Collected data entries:
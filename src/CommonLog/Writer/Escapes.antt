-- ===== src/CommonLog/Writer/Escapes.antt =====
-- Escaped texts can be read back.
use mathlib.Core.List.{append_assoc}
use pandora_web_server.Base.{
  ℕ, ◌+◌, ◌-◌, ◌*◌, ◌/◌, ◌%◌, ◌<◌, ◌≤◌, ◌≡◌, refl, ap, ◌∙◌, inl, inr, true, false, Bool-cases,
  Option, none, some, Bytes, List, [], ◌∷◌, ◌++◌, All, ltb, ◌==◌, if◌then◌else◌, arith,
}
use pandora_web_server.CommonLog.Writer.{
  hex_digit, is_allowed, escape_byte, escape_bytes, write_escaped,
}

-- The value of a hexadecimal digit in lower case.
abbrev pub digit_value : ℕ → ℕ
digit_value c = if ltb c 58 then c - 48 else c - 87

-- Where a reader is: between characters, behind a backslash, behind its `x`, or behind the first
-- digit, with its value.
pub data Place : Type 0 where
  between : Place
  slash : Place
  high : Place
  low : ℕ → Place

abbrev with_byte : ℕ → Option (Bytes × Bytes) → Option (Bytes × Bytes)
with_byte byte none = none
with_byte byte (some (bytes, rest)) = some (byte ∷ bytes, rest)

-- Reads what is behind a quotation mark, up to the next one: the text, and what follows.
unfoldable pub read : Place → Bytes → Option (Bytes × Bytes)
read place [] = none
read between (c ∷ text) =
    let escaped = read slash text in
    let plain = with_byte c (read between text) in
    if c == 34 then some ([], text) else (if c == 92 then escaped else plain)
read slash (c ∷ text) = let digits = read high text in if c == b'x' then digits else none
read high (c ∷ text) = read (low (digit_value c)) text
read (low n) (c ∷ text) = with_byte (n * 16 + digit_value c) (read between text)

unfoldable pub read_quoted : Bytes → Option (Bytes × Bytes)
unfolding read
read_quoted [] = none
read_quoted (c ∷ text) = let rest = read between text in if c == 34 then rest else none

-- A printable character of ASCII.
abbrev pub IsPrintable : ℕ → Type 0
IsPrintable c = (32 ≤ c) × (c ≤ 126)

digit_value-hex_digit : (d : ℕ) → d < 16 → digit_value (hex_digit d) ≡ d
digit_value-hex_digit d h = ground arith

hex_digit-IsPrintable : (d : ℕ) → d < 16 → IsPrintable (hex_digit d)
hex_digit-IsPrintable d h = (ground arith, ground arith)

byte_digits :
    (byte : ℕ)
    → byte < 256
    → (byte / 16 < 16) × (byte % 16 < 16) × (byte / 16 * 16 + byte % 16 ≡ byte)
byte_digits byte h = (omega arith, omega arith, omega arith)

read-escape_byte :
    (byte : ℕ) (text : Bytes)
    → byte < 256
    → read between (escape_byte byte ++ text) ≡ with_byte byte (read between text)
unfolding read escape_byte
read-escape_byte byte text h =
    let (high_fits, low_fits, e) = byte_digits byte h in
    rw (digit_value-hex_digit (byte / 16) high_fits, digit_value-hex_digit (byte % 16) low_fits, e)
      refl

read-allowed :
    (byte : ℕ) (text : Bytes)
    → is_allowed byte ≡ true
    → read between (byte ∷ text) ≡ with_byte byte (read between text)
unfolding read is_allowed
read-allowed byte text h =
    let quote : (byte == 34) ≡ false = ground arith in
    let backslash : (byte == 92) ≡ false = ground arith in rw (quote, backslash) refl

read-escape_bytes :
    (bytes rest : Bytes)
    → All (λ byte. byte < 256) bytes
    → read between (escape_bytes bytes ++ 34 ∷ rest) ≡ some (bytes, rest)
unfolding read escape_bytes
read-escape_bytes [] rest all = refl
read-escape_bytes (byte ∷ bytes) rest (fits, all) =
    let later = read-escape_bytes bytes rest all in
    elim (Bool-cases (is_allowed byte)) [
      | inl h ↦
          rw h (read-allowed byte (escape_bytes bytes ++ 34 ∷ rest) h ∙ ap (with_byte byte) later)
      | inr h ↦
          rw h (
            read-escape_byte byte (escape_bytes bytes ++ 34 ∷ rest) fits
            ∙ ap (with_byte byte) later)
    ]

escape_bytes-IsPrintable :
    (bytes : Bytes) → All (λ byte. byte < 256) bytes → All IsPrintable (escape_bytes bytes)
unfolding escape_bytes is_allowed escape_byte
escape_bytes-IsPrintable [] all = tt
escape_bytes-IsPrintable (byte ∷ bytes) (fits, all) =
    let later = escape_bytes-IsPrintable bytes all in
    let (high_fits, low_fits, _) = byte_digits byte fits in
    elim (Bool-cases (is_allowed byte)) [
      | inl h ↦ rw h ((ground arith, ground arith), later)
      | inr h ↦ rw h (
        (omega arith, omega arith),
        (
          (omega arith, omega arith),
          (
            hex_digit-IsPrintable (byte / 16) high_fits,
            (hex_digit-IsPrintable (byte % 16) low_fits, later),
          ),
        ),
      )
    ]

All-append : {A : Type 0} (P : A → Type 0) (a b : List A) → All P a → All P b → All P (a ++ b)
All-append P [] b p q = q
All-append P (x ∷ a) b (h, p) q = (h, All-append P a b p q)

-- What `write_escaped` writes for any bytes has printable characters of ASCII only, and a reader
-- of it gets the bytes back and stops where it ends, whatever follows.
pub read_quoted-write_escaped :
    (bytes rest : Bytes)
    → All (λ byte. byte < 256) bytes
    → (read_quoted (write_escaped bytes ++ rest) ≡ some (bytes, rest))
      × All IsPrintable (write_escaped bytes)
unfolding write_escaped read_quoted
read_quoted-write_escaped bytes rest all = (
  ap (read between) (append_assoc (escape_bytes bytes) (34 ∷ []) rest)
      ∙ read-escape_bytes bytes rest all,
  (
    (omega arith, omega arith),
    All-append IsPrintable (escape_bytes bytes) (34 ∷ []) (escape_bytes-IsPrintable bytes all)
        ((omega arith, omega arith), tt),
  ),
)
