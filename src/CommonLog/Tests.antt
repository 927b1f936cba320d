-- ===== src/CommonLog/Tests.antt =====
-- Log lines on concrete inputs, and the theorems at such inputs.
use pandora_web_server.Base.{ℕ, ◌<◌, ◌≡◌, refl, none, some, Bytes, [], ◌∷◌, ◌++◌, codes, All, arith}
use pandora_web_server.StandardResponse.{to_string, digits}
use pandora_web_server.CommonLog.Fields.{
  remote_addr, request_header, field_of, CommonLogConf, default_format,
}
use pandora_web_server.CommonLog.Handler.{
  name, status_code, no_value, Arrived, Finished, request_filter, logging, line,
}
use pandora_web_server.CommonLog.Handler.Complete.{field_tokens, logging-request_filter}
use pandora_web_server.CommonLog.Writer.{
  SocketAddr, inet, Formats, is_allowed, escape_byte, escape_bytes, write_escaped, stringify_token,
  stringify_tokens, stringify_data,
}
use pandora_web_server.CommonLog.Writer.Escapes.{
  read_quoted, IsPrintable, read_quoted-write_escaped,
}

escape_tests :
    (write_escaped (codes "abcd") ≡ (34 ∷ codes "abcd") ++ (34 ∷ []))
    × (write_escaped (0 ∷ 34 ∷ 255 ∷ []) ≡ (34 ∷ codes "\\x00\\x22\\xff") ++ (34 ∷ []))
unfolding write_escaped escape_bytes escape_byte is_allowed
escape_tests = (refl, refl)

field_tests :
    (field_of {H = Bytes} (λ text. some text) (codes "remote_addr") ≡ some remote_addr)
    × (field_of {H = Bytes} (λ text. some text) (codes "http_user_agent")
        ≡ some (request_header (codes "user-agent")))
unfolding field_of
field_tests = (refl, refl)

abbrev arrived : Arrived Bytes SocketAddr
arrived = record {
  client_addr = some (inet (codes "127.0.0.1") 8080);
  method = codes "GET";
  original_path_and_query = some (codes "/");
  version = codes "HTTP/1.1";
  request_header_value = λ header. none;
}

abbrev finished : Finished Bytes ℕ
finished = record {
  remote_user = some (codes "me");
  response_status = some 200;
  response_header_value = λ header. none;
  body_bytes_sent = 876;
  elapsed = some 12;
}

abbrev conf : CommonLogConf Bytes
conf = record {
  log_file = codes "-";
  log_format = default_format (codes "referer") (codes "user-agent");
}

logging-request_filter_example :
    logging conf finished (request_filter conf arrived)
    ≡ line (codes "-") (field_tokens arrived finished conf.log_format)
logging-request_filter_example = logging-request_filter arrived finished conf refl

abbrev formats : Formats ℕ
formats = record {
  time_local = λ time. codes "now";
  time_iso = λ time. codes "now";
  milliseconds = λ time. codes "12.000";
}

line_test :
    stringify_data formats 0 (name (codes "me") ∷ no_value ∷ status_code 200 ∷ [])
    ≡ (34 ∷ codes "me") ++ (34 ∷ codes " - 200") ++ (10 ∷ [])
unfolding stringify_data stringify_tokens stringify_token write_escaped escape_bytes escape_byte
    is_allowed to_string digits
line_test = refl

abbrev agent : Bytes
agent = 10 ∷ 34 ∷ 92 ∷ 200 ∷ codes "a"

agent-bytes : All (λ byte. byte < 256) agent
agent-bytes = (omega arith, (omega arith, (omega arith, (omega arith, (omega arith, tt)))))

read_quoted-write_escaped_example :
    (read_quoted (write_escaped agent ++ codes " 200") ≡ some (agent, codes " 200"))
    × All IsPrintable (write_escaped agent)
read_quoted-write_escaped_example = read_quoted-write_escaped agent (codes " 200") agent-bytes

WORK REQUEST = Retype the records above, but only those lines that fall between the line containing "read place [] = none" and the line containing "if c == 34 then some", with both of those lines included, exactly as written.

EXERCISE RESULT =
read place [] = none
read between (c ∷ text) =
    let escaped = read slash text in
    let plain = with_byte c (read between text) in
    if c == 34 then some ([], text) else (if c == 92 then escaped else plain)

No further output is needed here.